* [WORK INSTRUCTIONS]: Every record must be copied exactly. Leave nothing out.

* [INFORMATION PROVIDED]:

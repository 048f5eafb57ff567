-- ===== src/Lanes.antt =====
-- internal/runtime/lanes/router.go: the queue to which a node of a lane is dispatched. `strings.ToLower`
-- is the parameter `to_lower`; the map of overrides is the list of its entries.
use text.Mathlib.Text.{◌==◌}
use realtime_speech_pipeline.Base.{
  String, not, Option, none, some, List, [], ◌∷◌, Result, ok, ◌>>◌, refuse_if, if◌then◌else◌,
}
use realtime_speech_pipeline.Base.Text.{is_empty, concat, trim_space}
use realtime_speech_pipeline.EventAbi.Types.{Lane, is_lane}

pub record DispatchTarget : Type 0 where
  pub lane : Lane
  pub queue_key : String

abbrev pub lane_text : Lane → String
lane_text Lane.data_lane = "DataLane"
lane_text Lane.control_lane = "ControlLane"
lane_text Lane.telemetry_lane = "TelemetryLane"
lane_text (Lane.other s) = s

unfoldable pub validate_lane : Lane → Result (Unit {0})
validate_lane lane = refuse_if (not (is_lane lane)) "unsupported lane: %q"

unfoldable pub lane_id_for : Lane → String
lane_id_for Lane.data_lane = "data"
lane_id_for Lane.control_lane = "control"
lane_id_for _ = "telemetry"

abbrev pub Overrides : Type 0
Overrides = List (String × DispatchTarget)

-- `overrides[key]`; a later entry of the list is behind the earlier ones.
unfoldable pub override_of : String → Overrides → Option DispatchTarget
override_of key [] = none
override_of key ((k, target) ∷ rest) = if k == key then some target else override_of key rest

-- The loop of NewDefaultRouterWithOverrides over the entries, in the order that they come in.
unfoldable pub add_overrides : Overrides → List (String × DispatchTarget) → Result Overrides
add_overrides known [] = ok known
add_overrides known ((key, target) ∷ rest) = do
  refuse_if (is_empty (trim_space key)) "override key is required"
  validate_lane target.lane
  refuse_if (is_empty (trim_space target.queue_key)) "override queue key is required for %s"
  add_overrides ((trim_space key, target) ∷ known) rest

unfoldable pub new_default_router_with_overrides : List (String × DispatchTarget) → Result Overrides
new_default_router_with_overrides overrides = add_overrides [] overrides

module _ (to_lower : String → String) where
  unfoldable pub route_key : String → Lane → String
  route_key node_type lane = concat (to_lower (trim_space node_type)) (concat "|" (lane_text lane))

  unfoldable pub default_target : String → Lane → DispatchTarget
  default_target node_type lane = record {
    lane = lane;
    queue_key = concat "runtime/" (concat (lane_id_for lane) (concat "/" (to_lower node_type)));
  }

  unfoldable pub routed : Option DispatchTarget → DispatchTarget → DispatchTarget
  routed (some target) default = target
  routed none default = default

  unfoldable pub resolve : Overrides → (node_type : String) → Lane → Result DispatchTarget
  resolve overrides node_type lane = do
    refuse_if (is_empty (trim_space node_type)) "node_type is required"
    validate_lane lane
    ok (
        routed (override_of (route_key (trim_space node_type) lane) overrides)
          (default_target (trim_space node_type) lane))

* [RESPONSE TO THIS EXERCISE]:
repository 048f5eafb57ff567
-- ===== src/Lanes.antt =====
-- internal/runtime/lanes/router.go: the queue to which a node of a lane is dispatched. `strings.ToLower`
-- is the parameter `to_lower`; the map of overrides is the list of its entries.
use text.Mathlib.Text.{◌==◌}
use realtime_speech_pipeline.Base.{
  String, not, Option, none, some, List, [], ◌∷◌, Result, ok, ◌>>◌, refuse_if, if◌then◌else◌,
}
use realtime_speech_pipeline.Base.Text.{is_empty, concat, trim_space}
use realtime_speech_pipeline.EventAbi.Types.{Lane, is_lane}

pub record DispatchTarget : Type 0 where
  pub lane : Lane
  pub queue_key : String

abbrev pub lane_text : Lane → String
lane_text Lane.data_lane = "DataLane"
lane_text Lane.control_lane = "ControlLane"
lane_text Lane.telemetry_lane = "TelemetryLane"
lane_text (Lane.other s) = s

unfoldable pub validate_lane : Lane → Result (Unit {0})
validate_lane lane = refuse_if (not (is_lane lane)) "unsupported lane: %q"

unfoldable pub lane_id_for : Lane → String
lane_id_for Lane.data_lane = "data"
lane_id_for Lane.control_lane = "control"
lane_id_for _ = "telemetry"

abbrev pub Overrides : Type 0
Overrides = List (String × DispatchTarget)

-- `overrides[key]`; a later entry of the list is behind the earlier ones.
unfoldable pub override_of : String → Overrides → Option DispatchTarget
override_of key [] = none
override_of key ((k, target) ∷ rest) = if k == key then some target else override_of key rest

-- The loop of NewDefaultRouterWithOverrides over the entries, in the order that they come in.
unfoldable pub add_overrides : Overrides → List (String × DispatchTarget) → Result Overrides
add_overrides known [] = ok known
add_overrides known ((key, target) ∷ rest) = do
  refuse_if (is_empty (trim_space key)) "override key is required"
  validate_lane target.lane
  refuse_if (is_empty (trim_space target.queue_key)) "override queue key is required for %s"
  add_overrides ((trim_space key, target) ∷ known) rest

unfoldable pub new_default_router_with_overrides : List (String × DispatchTarget) → Result Overrides
new_default_router_with_overrides overrides = add_overrides [] overrides

module _ (to_lower : String → String) where
  unfoldable pub route_key : String → Lane → String
  route_key node_type lane = concat (to_lower (trim_space node_type)) (concat "|" (lane_text lane))

  unfoldable pub default_target : String → Lane → DispatchTarget
  default_target node_type lane = record {
    lane = lane;
    queue_key = concat "runtime/" (concat (lane_id_for lane) (concat "/" (to_lower node_type)));
  }

  unfoldable pub routed : Option DispatchTarget → DispatchTarget → DispatchTarget
  routed (some target) default = target
  routed none default = default

  unfoldable pub resolve : Overrides → (node_type : String) → Lane → Result DispatchTarget
  resolve overrides node_type lane = do
    refuse_if (is_empty (trim_space node_type)) "node_type is required"
    validate_lane lane
    ok (
        routed (override_of (route_key (trim_space node_type) lane) overrides)
          (default_target (trim_space node_type) lane))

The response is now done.